Since each correlation coefficient occurs twice in the matrix (correlation of A to B equals correlation of B to A) you'll want to ignore half of the correlation matrix so that only one of the two correlated features is removed. Use a mask trick for this purpose.
ansur_male = pd.read_csv('./dataset/ANSUR_II_MALE.csv')
ansur_df = ansur_male
corr_matrix = ansur_df.corr().abs()
# Create a True/False mask and apply it
mask = np.triu(np.ones_like(corr_matrix, dtype=bool))

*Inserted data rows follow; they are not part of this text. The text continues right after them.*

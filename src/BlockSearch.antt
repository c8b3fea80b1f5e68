-- ===== src/BlockSearch.antt =====
-- backfill/block_search.py: the search for the first block at or after a timestamp. What the RPC
-- client answers is the record `BlockTimestampRpc`.
pub mod Bisection
pub mod Boundary
mod Tests
use real_time_blockchain_ana.Prelude.{
  ℕ, zero, suc, ◌+◌, ◌-◌, ◌/◌, Bool, true, false, not, ◌||◌, Option, none, some, value_error,
  runtime_error, out_of_steps, Result, ok, err, ◌>>=◌, ◌>>◌, raise_if, if◌then◌else◌, ltb, leb,
}
use real_time_blockchain_ana.Prelude.Int.{ℤ, pos, pos_part, ltb_ℤ}
use real_time_blockchain_ana.Python.Time.{Instant, DateTime, as_utc}

-- The protocol `BlockTimestampRpc`. A call that raises answers `err`.
pub record BlockTimestampRpc : Type 0 where
  pub get_latest_block_number : Result ℤ
  pub get_block_timestamp : ℤ → Result DateTime

pub record ResolvedBlockBoundary : Type 0 where
  pub boundary_timestamp : Instant
  pub previous_block : Option ℤ
  pub previous_timestamp : Option Instant
  pub selected_block : ℤ
  pub selected_timestamp : Instant

-- `low - 1 if low > lowest_block else None`
unfoldable pub previous_of : ℕ → ℕ → Option ℕ
previous_of lowest low = if ltb lowest low then some (low - 1) else none

-- `previous_timestamp is not None and previous_timestamp >= boundary`
unfoldable pub reaches : Instant → Option Instant → Bool
reaches boundary none = false
reaches boundary (some t) = leb boundary t

abbrev pub as_block : Option ℕ → Option ℤ
as_block none = none
as_block (some n) = some (pos n)

-- How a turn of the loop goes on, in the lower or in the upper half; it stops where the call
-- raises.
unfoldable pub bisect_turn :
    Instant → Result Instant → Option (Result ℕ) → Option (Result ℕ) → Option (Result ℕ)
bisect_turn boundary (err e) lower upper = some (err e)
bisect_turn boundary (ok timestamp) lower upper = if leb boundary timestamp then lower else upper

-- What the loop gives. `out_of_steps` is the model's own: the loop has ended by then.
abbrev pub loop_result : Option (Result ℕ) → Result ℕ
loop_result none = err out_of_steps
loop_result (some r) = r

module _ (rpc : BlockTimestampRpc) where
  open rpc use {get_latest_block_number, get_block_timestamp}

  -- `_as_utc(rpc.get_block_timestamp(block_number), ...)`, of a block number that is not negative.
  unfoldable pub timestamp_of : ℕ → Result Instant
  timestamp_of block_number = get_block_timestamp (pos block_number) >>= as_utc

  -- The `while low < high` loop, with the number of steps that are left to it: `none` where they
  -- run out before the loop ends.
  unfoldable pub bisect : Instant → ℕ → ℕ → ℕ → Option (Result ℕ)
  bisect boundary zero low high = if ltb low high then none else some (ok low)
  bisect boundary (suc fuel) low high =
      let middle = (low + high) / 2 in
      let lower = bisect boundary fuel low middle in
      let upper = bisect boundary fuel (middle + 1) high in
      if ltb low high then bisect_turn boundary (timestamp_of middle) lower upper else some (ok low)

  -- `rpc.get_latest_block_number() if highest_block is None else highest_block`
  unfoldable pub upper_block : Option ℤ → Result ℤ
  upper_block none = get_latest_block_number
  upper_block (some highest_block) = ok highest_block

  unfoldable pub previous_timestamp_of : Option ℕ → Result (Option Instant)
  previous_timestamp_of none = ok none
  previous_timestamp_of (some block_number) = timestamp_of block_number >>= λ t. ok (some t)

  -- What follows the loop.
  unfoldable pub bracket : Instant → ℕ → ℕ → Result ResolvedBlockBoundary
  bracket boundary lowest low = do
    selected_timestamp ← timestamp_of low
    previous_timestamp ← previous_timestamp_of (previous_of lowest low)
    raise_if (ltb selected_timestamp boundary || reaches boundary previous_timestamp) runtime_error
    ok (record {
      boundary_timestamp = boundary;
      previous_block = as_block (previous_of lowest low);
      previous_timestamp = previous_timestamp;
      selected_block = pos low;
      selected_timestamp = selected_timestamp;
    })

  -- The loop and what follows it, with bounds that are not negative. The range has
  -- `upper - lowest` steps at most.
  unfoldable pub search : Instant → ℕ → ℕ → Result ResolvedBlockBoundary
  search boundary lowest upper = do
    upper_timestamp ← timestamp_of upper
    raise_if (ltb upper_timestamp boundary) value_error
    low ← loop_result (bisect boundary (upper - lowest) lowest upper)
    bracket boundary lowest low

  -- The block numbers are integers by their type.
  unfoldable pub resolve_first_block_at_or_after :
      DateTime → ℤ → Option ℤ → Result ResolvedBlockBoundary
  resolve_first_block_at_or_after boundary_timestamp lowest_block highest_block = do
    boundary ← as_utc boundary_timestamp
    upper ← upper_block highest_block
    raise_if (ltb_ℤ lowest_block (pos 0) || ltb_ℤ upper lowest_block) value_error
    search boundary (pos_part lowest_block) (pos_part upper)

tri_df = corr_matrix.mask(mask)
# List column names of highly correlated features (r > 0.95)
to_drop = [c for c in tri_df.columns if any(tri_df[c] > 0.95)]
# Drop the features in the to_drop list
reduced_df = ansur_df.drop(to_drop, axis=1)
print("The reduced dataframe has {} columns.".format(reduced_df.shape[1]))
weird_df = pd.read_csv('./dataset/weird_df.csv')
print(weird_df.head())
sns.scatterplot(x='nuclear_energy', y='pool_drownings', data=weird_df);
print(weird_df.corr())
But correlation of the data does not imply causation.